**WHAT YOU NEED TO DO:** Repeat the listing below exactly as given.

**EXTRACTED DATA:**

-- Opening Marker --

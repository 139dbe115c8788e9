-- ===== src/Control/Handler/Gate.antt =====
-- Nothing but USER, PASS, QUIT, NOOP and HELP is done for a session that is not logged in.
use hybrid_ftp_socket.Prelude.{
  ℕ, Bool, true, false, none, ◌≡◌, refl, ◌∙◌, ◌⊎◌, inl, inr, Bool-cases, if◌then◌else◌,
}
use hybrid_ftp_socket.Prelude.Numerals.{Text, is_empty}
use hybrid_ftp_socket.Control.Parser.{FtpCommand}
use hybrid_ftp_socket.Control.Session.{Session, Given}
use hybrid_ftp_socket.Control.Files.{Files}
use hybrid_ftp_socket.Control.Replies.{not_logged_in, syntax_error}
use hybrid_ftp_socket.Control.Handler.Base.{Handled, reply, says, logged_in, no_argument}
use hybrid_ftp_socket.Control.Handler.Directories.{
  pwd_cmd, cwd, cdup_cmd, mkd, rmd, dele, rnfr, rnto,
}
use hybrid_ftp_socket.Control.Handler.Parameters.{type_cmd, mode_cmd, port_cmd, pasv_cmd}
use hybrid_ftp_socket.Control.Handler.Listings.{
  list_dir, nlst, size_cmd, mdtm_cmd, stat_cmd, hash_cmd,
}
use hybrid_ftp_socket.Control.Handler.Transfers.{named_transfer, stou_cmd, abor_cmd}
use hybrid_ftp_socket.Control.Handler.{
  Verb, v_user, v_pass, v_quit, v_noop, v_type, v_mode, v_pwd, v_cwd, v_cdup, v_mkd, v_rmd, v_dele,
  v_rnfr, v_rnto, v_list, v_nlst, v_size, v_mdtm, v_stat, v_port, v_pasv, v_retr, v_stor, v_stou,
  v_appe, v_abor, v_hash, v_help, v_other, verb_of, before, dispatch, handle,
}

-- The commands that a login must precede.
abbrev pub NeedsLogin : Verb → Type 0
NeedsLogin v_user = ⊥
NeedsLogin v_pass = ⊥
NeedsLogin v_quit = ⊥
NeedsLogin v_noop = ⊥
NeedsLogin v_help = ⊥
NeedsLogin v_other = ⊥
NeedsLogin verb = Unit

-- The answer is one of the two refusals, and nothing else has happened.
pub record Denied (Disk : Type 0) (s : Session) (disk : Disk) (counter : ℕ) (h : Handled Disk)
    : Type 0 where
  pub same_session : h.session ≡ s
  pub same_disk : h.disk ≡ disk
  pub same_counter : h.counter ≡ counter
  pub no_start : h.started ≡ none
  pub answer : (h.answer ≡ reply not_logged_in) ⊎ (h.answer ≡ reply syntax_error)

module _ (Disk : Type 0) (s : Session) (disk : Disk) (counter : ℕ) where
  logged_in-Denied :
      (rest : Handled Disk)
      → s.is_logged_in ≡ false
      → Denied Disk s disk counter (logged_in Disk s disk counter rest)
  logged_in-Denied rest e = by_login s.is_logged_in e
    where
      by_login :
          (b : Bool)
          → b ≡ false
          → Denied Disk s disk counter (if b then rest else says Disk s disk counter not_logged_in)
      by_login true e = absurd cc
      by_login false e = record {
        same_session = refl;
        same_disk = refl;
        same_counter = refl;
        no_start = refl;
        answer = inl refl;
      }

  no_argument-Denied :
      (arg : Text) (rest : Handled Disk)
      → Denied Disk s disk counter rest
      → Denied Disk s disk counter (no_argument Disk arg s disk counter syntax_error rest)
  no_argument-Denied arg rest d = elim (Bool-cases (is_empty arg)) [
    | inl t ↦ rw t d
    | inr t ↦ rw t (record {
      same_session = refl;
      same_disk = refl;
      same_counter = refl;
      no_start = refl;
      answer = inr refl;
    })
  ]

module _ (files : Files) (format_date : Text → Text) (given : Given) (s : Session)
    (disk : files.Disk) (counter : ℕ) (out : s.is_logged_in ≡ false) where
  denied :
      (rest : Handled files.Disk)
      → Denied files.Disk s disk counter (logged_in files.Disk s disk counter rest)
  denied rest = logged_in-Denied files.Disk s disk counter rest out

  pub dispatch-Denied :
      (verb : Verb) (arg : Text)
      → NeedsLogin verb
      → Denied files.Disk s disk counter (dispatch files format_date verb arg given s disk counter)
  unfolding dispatch pwd_cmd cwd cdup_cmd mkd rmd dele rnfr rnto type_cmd mode_cmd port_cmd pasv_cmd
      list_dir nlst size_cmd mdtm_cmd stat_cmd hash_cmd named_transfer stou_cmd abor_cmd
  dispatch-Denied v_user arg n = absurd n
  dispatch-Denied v_pass arg n = absurd n
  dispatch-Denied v_quit arg n = absurd n
  dispatch-Denied v_noop arg n = absurd n
  dispatch-Denied v_help arg n = absurd n
  dispatch-Denied v_other arg n = absurd n
  dispatch-Denied v_pwd arg n = no_argument-Denied files.Disk s disk counter arg _ (denied _)
  dispatch-Denied v_cdup arg n = no_argument-Denied files.Disk s disk counter arg _ (denied _)
  dispatch-Denied v_abor arg n = no_argument-Denied files.Disk s disk counter arg _ (denied _)
  dispatch-Denied v_type arg n = denied _
  dispatch-Denied v_mode arg n = denied _
  dispatch-Denied v_cwd arg n = denied _
  dispatch-Denied v_mkd arg n = denied _
  dispatch-Denied v_rmd arg n = denied _
  dispatch-Denied v_dele arg n = denied _
  dispatch-Denied v_rnfr arg n = denied _
  dispatch-Denied v_rnto arg n = denied _
  dispatch-Denied v_list arg n = denied _
  dispatch-Denied v_nlst arg n = denied _
  dispatch-Denied v_size arg n = denied _
  dispatch-Denied v_mdtm arg n = denied _
  dispatch-Denied v_stat arg n = denied _
  dispatch-Denied v_port arg n = denied _
  dispatch-Denied v_pasv arg n = denied _
  dispatch-Denied v_retr arg n = denied _
  dispatch-Denied v_stor arg n = denied _
  dispatch-Denied v_stou arg n = denied _
  dispatch-Denied v_appe arg n = denied _
  dispatch-Denied v_hash arg n = denied _

before_login : (verb : Verb) (s : Session) → (before verb s).is_logged_in ≡ s.is_logged_in
unfolding before
before_login v_rnto s = refl
before_login _ s = refl

-- For a session that is not logged in, every command but USER, PASS, QUIT, NOOP, HELP and an
-- unknown one is answered with 530, or 501 for an argument that it does not take; the disk, the
-- session behind the reset of RNFR and the counter of transfers stay, and no transfer is started.
pub handle-Denied :
    (files : Files) (format_date : Text → Text) (given : Given) (s : Session) (disk : files.Disk)
    (counter : ℕ) (command : FtpCommand)
    → s.is_logged_in ≡ false
    → NeedsLogin (verb_of command.name)
    → Denied files.Disk
        (before (verb_of command.name) s)
        disk
        counter
        (handle files format_date command given s disk counter)
unfolding handle
handle-Denied files format_date given s disk counter command out needs =
    dispatch-Denied files format_date given (before (verb_of command.name) s) disk counter
      (before_login (verb_of command.name) s ∙ out) (verb_of command.name) command.argument needs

-- Closing Marker --

**ANSWER SECTION:**
repository 139dbe115c8788e9
-- ===== src/Control/Handler/Gate.antt =====
-- Nothing but USER, PASS, QUIT, NOOP and HELP is done for a session that is not logged in.
use hybrid_ftp_socket.Prelude.{
  ℕ, Bool, true, false, none, ◌≡◌, refl, ◌∙◌, ◌⊎◌, inl, inr, Bool-cases, if◌then◌else◌,
}
use hybrid_ftp_socket.Prelude.Numerals.{Text, is_empty}
use hybrid_ftp_socket.Control.Parser.{FtpCommand}
use hybrid_ftp_socket.Control.Session.{Session, Given}
use hybrid_ftp_socket.Control.Files.{Files}
use hybrid_ftp_socket.Control.Replies.{not_logged_in, syntax_error}
use hybrid_ftp_socket.Control.Handler.Base.{Handled, reply, says, logged_in, no_argument}
use hybrid_ftp_socket.Control.Handler.Directories.{
  pwd_cmd, cwd, cdup_cmd, mkd, rmd, dele, rnfr, rnto,
}
use hybrid_ftp_socket.Control.Handler.Parameters.{type_cmd, mode_cmd, port_cmd, pasv_cmd}
use hybrid_ftp_socket.Control.Handler.Listings.{
  list_dir, nlst, size_cmd, mdtm_cmd, stat_cmd, hash_cmd,
}
use hybrid_ftp_socket.Control.Handler.Transfers.{named_transfer, stou_cmd, abor_cmd}
use hybrid_ftp_socket.Control.Handler.{
  Verb, v_user, v_pass, v_quit, v_noop, v_type, v_mode, v_pwd, v_cwd, v_cdup, v_mkd, v_rmd, v_dele,
  v_rnfr, v_rnto, v_list, v_nlst, v_size, v_mdtm, v_stat, v_port, v_pasv, v_retr, v_stor, v_stou,
  v_appe, v_abor, v_hash, v_help, v_other, verb_of, before, dispatch, handle,
}

-- The commands that a login must precede.
abbrev pub NeedsLogin : Verb → Type 0
NeedsLogin v_user = ⊥
NeedsLogin v_pass = ⊥
NeedsLogin v_quit = ⊥
NeedsLogin v_noop = ⊥
NeedsLogin v_help = ⊥
NeedsLogin v_other = ⊥
NeedsLogin verb = Unit

-- The answer is one of the two refusals, and nothing else has happened.
pub record Denied (Disk : Type 0) (s : Session) (disk : Disk) (counter : ℕ) (h : Handled Disk)
    : Type 0 where
  pub same_session : h.session ≡ s
  pub same_disk : h.disk ≡ disk
  pub same_counter : h.counter ≡ counter
  pub no_start : h.started ≡ none
  pub answer : (h.answer ≡ reply not_logged_in) ⊎ (h.answer ≡ reply syntax_error)

module _ (Disk : Type 0) (s : Session) (disk : Disk) (counter : ℕ) where
  logged_in-Denied :
      (rest : Handled Disk)
      → s.is_logged_in ≡ false
      → Denied Disk s disk counter (logged_in Disk s disk counter rest)
  logged_in-Denied rest e = by_login s.is_logged_in e
    where
      by_login :
          (b : Bool)
          → b ≡ false
          → Denied Disk s disk counter (if b then rest else says Disk s disk counter not_logged_in)
      by_login true e = absurd cc
      by_login false e = record {
        same_session = refl;
        same_disk = refl;
        same_counter = refl;
        no_start = refl;
        answer = inl refl;
      }

  no_argument-Denied :
      (arg : Text) (rest : Handled Disk)
      → Denied Disk s disk counter rest
      → Denied Disk s disk counter (no_argument Disk arg s disk counter syntax_error rest)
  no_argument-Denied arg rest d = elim (Bool-cases (is_empty arg)) [
    | inl t ↦ rw t d
    | inr t ↦ rw t (record {
      same_session = refl;
      same_disk = refl;
      same_counter = refl;
      no_start = refl;
      answer = inr refl;
    })
  ]

module _ (files : Files) (format_date : Text → Text) (given : Given) (s : Session)
    (disk : files.Disk) (counter : ℕ) (out : s.is_logged_in ≡ false) where
  denied :
      (rest : Handled files.Disk)
      → Denied files.Disk s disk counter (logged_in files.Disk s disk counter rest)
  denied rest = logged_in-Denied files.Disk s disk counter rest out

  pub dispatch-Denied :
      (verb : Verb) (arg : Text)
      → NeedsLogin verb
      → Denied files.Disk s disk counter (dispatch files format_date verb arg given s disk counter)
  unfolding dispatch pwd_cmd cwd cdup_cmd mkd rmd dele rnfr rnto type_cmd mode_cmd port_cmd pasv_cmd
      list_dir nlst size_cmd mdtm_cmd stat_cmd hash_cmd named_transfer stou_cmd abor_cmd
  dispatch-Denied v_user arg n = absurd n
  dispatch-Denied v_pass arg n = absurd n
  dispatch-Denied v_quit arg n = absurd n
  dispatch-Denied v_noop arg n = absurd n
  dispatch-Denied v_help arg n = absurd n
  dispatch-Denied v_other arg n = absurd n
  dispatch-Denied v_pwd arg n = no_argument-Denied files.Disk s disk counter arg _ (denied _)
  dispatch-Denied v_cdup arg n = no_argument-Denied files.Disk s disk counter arg _ (denied _)
  dispatch-Denied v_abor arg n = no_argument-Denied files.Disk s disk counter arg _ (denied _)
  dispatch-Denied v_type arg n = denied _
  dispatch-Denied v_mode arg n = denied _
  dispatch-Denied v_cwd arg n = denied _
  dispatch-Denied v_mkd arg n = denied _
  dispatch-Denied v_rmd arg n = denied _
  dispatch-Denied v_dele arg n = denied _
  dispatch-Denied v_rnfr arg n = denied _
  dispatch-Denied v_rnto arg n = denied _
  dispatch-Denied v_list arg n = denied _
  dispatch-Denied v_nlst arg n = denied _
  dispatch-Denied v_size arg n = denied _
  dispatch-Denied v_mdtm arg n = denied _
  dispatch-Denied v_stat arg n = denied _
  dispatch-Denied v_port arg n = denied _
  dispatch-Denied v_pasv arg n = denied _
  dispatch-Denied v_retr arg n = denied _
  dispatch-Denied v_stor arg n = denied _
  dispatch-Denied v_stou arg n = denied _
  dispatch-Denied v_appe arg n = denied _
  dispatch-Denied v_hash arg n = denied _

before_login : (verb : Verb) (s : Session) → (before verb s).is_logged_in ≡ s.is_logged_in
unfolding before
before_login v_rnto s = refl
before_login _ s = refl

-- For a session that is not logged in, every command but USER, PASS, QUIT, NOOP, HELP and an
-- unknown one is answered with 530, or 501 for an argument that it does not take; the disk, the
-- session behind the reset of RNFR and the counter of transfers stay, and no transfer is started.
pub handle-Denied :
    (files : Files) (format_date : Text → Text) (given : Given) (s : Session) (disk : files.Disk)
    (counter : ℕ) (command : FtpCommand)
    → s.is_logged_in ≡ false
    → NeedsLogin (verb_of command.name)
    → Denied files.Disk
        (before (verb_of command.name) s)
        disk
        counter
        (handle files format_date command given s disk counter)
unfolding handle
handle-Denied files format_date given s disk counter command out needs =
    dispatch-Denied files format_date given (before (verb_of command.name) s) disk counter
      (before_login (verb_of command.name) s ∙ out) (verb_of command.name) command.argument needs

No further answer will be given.